Impractical Jokers is an American hidden camera reality show with improvisational elements. Produced by NorthSouth Productions, Impractical Jokers premiered on truTV on December 15, 2011 starring the members of The Tenderloins: James "Murr" Murray, Brian "Q" Quinn, Sal Vulcano, and Joe Gatto (until his departure following season nine). It also occasionally airs on TBS.

Impractical Jokers' ninth season premiered on February 4, 2021.[2] The series has been renewed for a 26-episode tenth season featuring a rotating group of guest comedians instead of Gatto.[3][4][5][6] A feature-length film began production in April 2018 and was theatrically released on February 21, 2020.[7][8]

Overview[edit]

A typical episode is a series of competitive games of dares in which each cast member, or "joker", receives either a thumbs up or thumbs down for his performance. At the climax, the joker who tallied the most thumbs down is the loser and is thereby subjected to a "punishment". The games are contrived scenarios in which one joker is challenged to embarrass himself by engaging with unwitting members of the general public, receiving commands from the other jokers who are orchestrating and surveying the bizarre scenario from behind the scenes with covert surveillance equipment.
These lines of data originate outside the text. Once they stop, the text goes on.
-- ===== src/Collector/Scan/Steps.antt =====
-- Every part of `_mark_reachable` on one page is a step of marking.
use sgcl.Base.{
  ℕ, ◌^◌, ◌<◌, arith, false, Bool-cases, inl, inr, for_range, for_range_inv, while_keeps,
}
use sgcl.Base.Bits.{has}
use sgcl.Page.{flags_count}
use sgcl.Heap.{Heap, page_at, flag_at}
use sgcl.Collector.Frame.{CacheOk}
use sgcl.Collector.Mark.Cover.{Step, Step-refl, Step-trans}
use sgcl.Collector.Scan.{Scan, scan_bit, scan_bits, has_reachable, scan_word, scan_words, scan_page}
use sgcl.Collector.Scan.Keeps.{drop_marked-Step}
use sgcl.Collector.Scan.Visit.{Visited, visit-Visited}

-- A step from a heap whose tables are in order.
abbrev pub StepFrom : Heap → Heap → Type 0
StepFrom h h' = Step h h' × CacheOk h'

pub StepFrom-trans : {h h' h'' : Heap} → StepFrom h h' → StepFrom h' h'' → StepFrom h h''
StepFrom-trans s t = (Step-trans s.0 t.0, t.1)

pub scan_bit-Step :
    (a i j : ℕ) (s : Scan) → j < 64 → CacheOk s.heap → StepFrom s.heap (scan_bit a i j s).heap
unfolding scan_bit
scan_bit-Step a i j s lt ok = elim (Bool-cases (has (flag_at s.heap a i).reachable (2 ^ j))) [
  | inl t ↦ rw t (
      (
        Visited.step (visit-Visited a i j s.heap lt ok),
        Step.cache (Visited.step (visit-Visited a i j s.heap lt ok)) ok,
      ))
  | inr f ↦ rw f ((Step-refl s.heap, ok))
]

bits-Step :
    (a i : ℕ) (s : Scan) → CacheOk s.heap → StepFrom s.heap (for_range 64 0 (scan_bit a i) s).heap
bits-Step a i s ok =
    for_range_inv (λ j (t : Scan). StepFrom s.heap t.heap) (scan_bit a i) 64 0 64 s (omega arith)
      (λ j t lo hi p. StepFrom-trans p (scan_bit-Step a i j t hi p.1)) (Step-refl s.heap, ok)

pub scan_bits-Step : (a i : ℕ) (s : Scan) → CacheOk s.heap → StepFrom s.heap (scan_bits a i s).heap
unfolding scan_bits
scan_bits-Step a i s ok =
    let first = bits-Step a i s ok in
    let last = drop_marked-Step a i (for_range 64 0 (scan_bit a i) s).heap in
    (Step-trans first.0 last, last.cache first.1)

pub scan_word-Step :
    (fuel a i : ℕ) (s : Scan) → CacheOk s.heap → StepFrom s.heap (scan_word fuel a i s).heap
unfolding scan_word
scan_word-Step fuel a i s ok =
    while_keeps (λ (t : Scan). StepFrom s.heap t.heap) fuel (has_reachable a i) (scan_bits a i)
      (λ t e p. StepFrom-trans p (scan_bits-Step a i t p.1)) s (Step-refl s.heap, ok)

pub scan_words-Step :
    (fuel a : ℕ) (s : Scan) → CacheOk s.heap → StepFrom s.heap (scan_words fuel a s).heap
unfolding scan_words
scan_words-Step fuel a s ok =
    for_range_inv (λ i (t : Scan). StepFrom s.heap t.heap) (scan_word fuel a)
      (flags_count (page_at s.heap a)) 0 (flags_count (page_at s.heap a))
      (record s { marked = false }) (omega arith)
      (λ i t lo hi p. StepFrom-trans p (scan_word-Step fuel a i t p.1)) (Step-refl s.heap, ok)

pub scan_page-Step : (fuel a : ℕ) (h : Heap) → CacheOk h → StepFrom h (scan_page fuel a h)
unfolding scan_page
scan_page-Step fuel a h ok =
    while_keeps (λ (t : Scan). StepFrom h t.heap) fuel _ (scan_words fuel a)
      (λ t e p. StepFrom-trans p (scan_words-Step fuel a t p.1)) _ (scan_words-Step fuel a _ ok)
The most common premise is that a joker will immediately lose a challenge if he refuses to follow any instructions given by the other three.

The intro describes the show as "scenes of graphic stupidity among four lifelong friends who compete to embarrass each other." The games are loosely structured, relying heavily upon improvisation. The show's comedic themes range from witty dialogue to slapstick routines, with the reactions of both the jokers and the members of the public serving as punchlines.

Development[edit]

Intertitle from Season 3 to the first half of Season 9. From left to right: Q, Murr, Sal, and Joe.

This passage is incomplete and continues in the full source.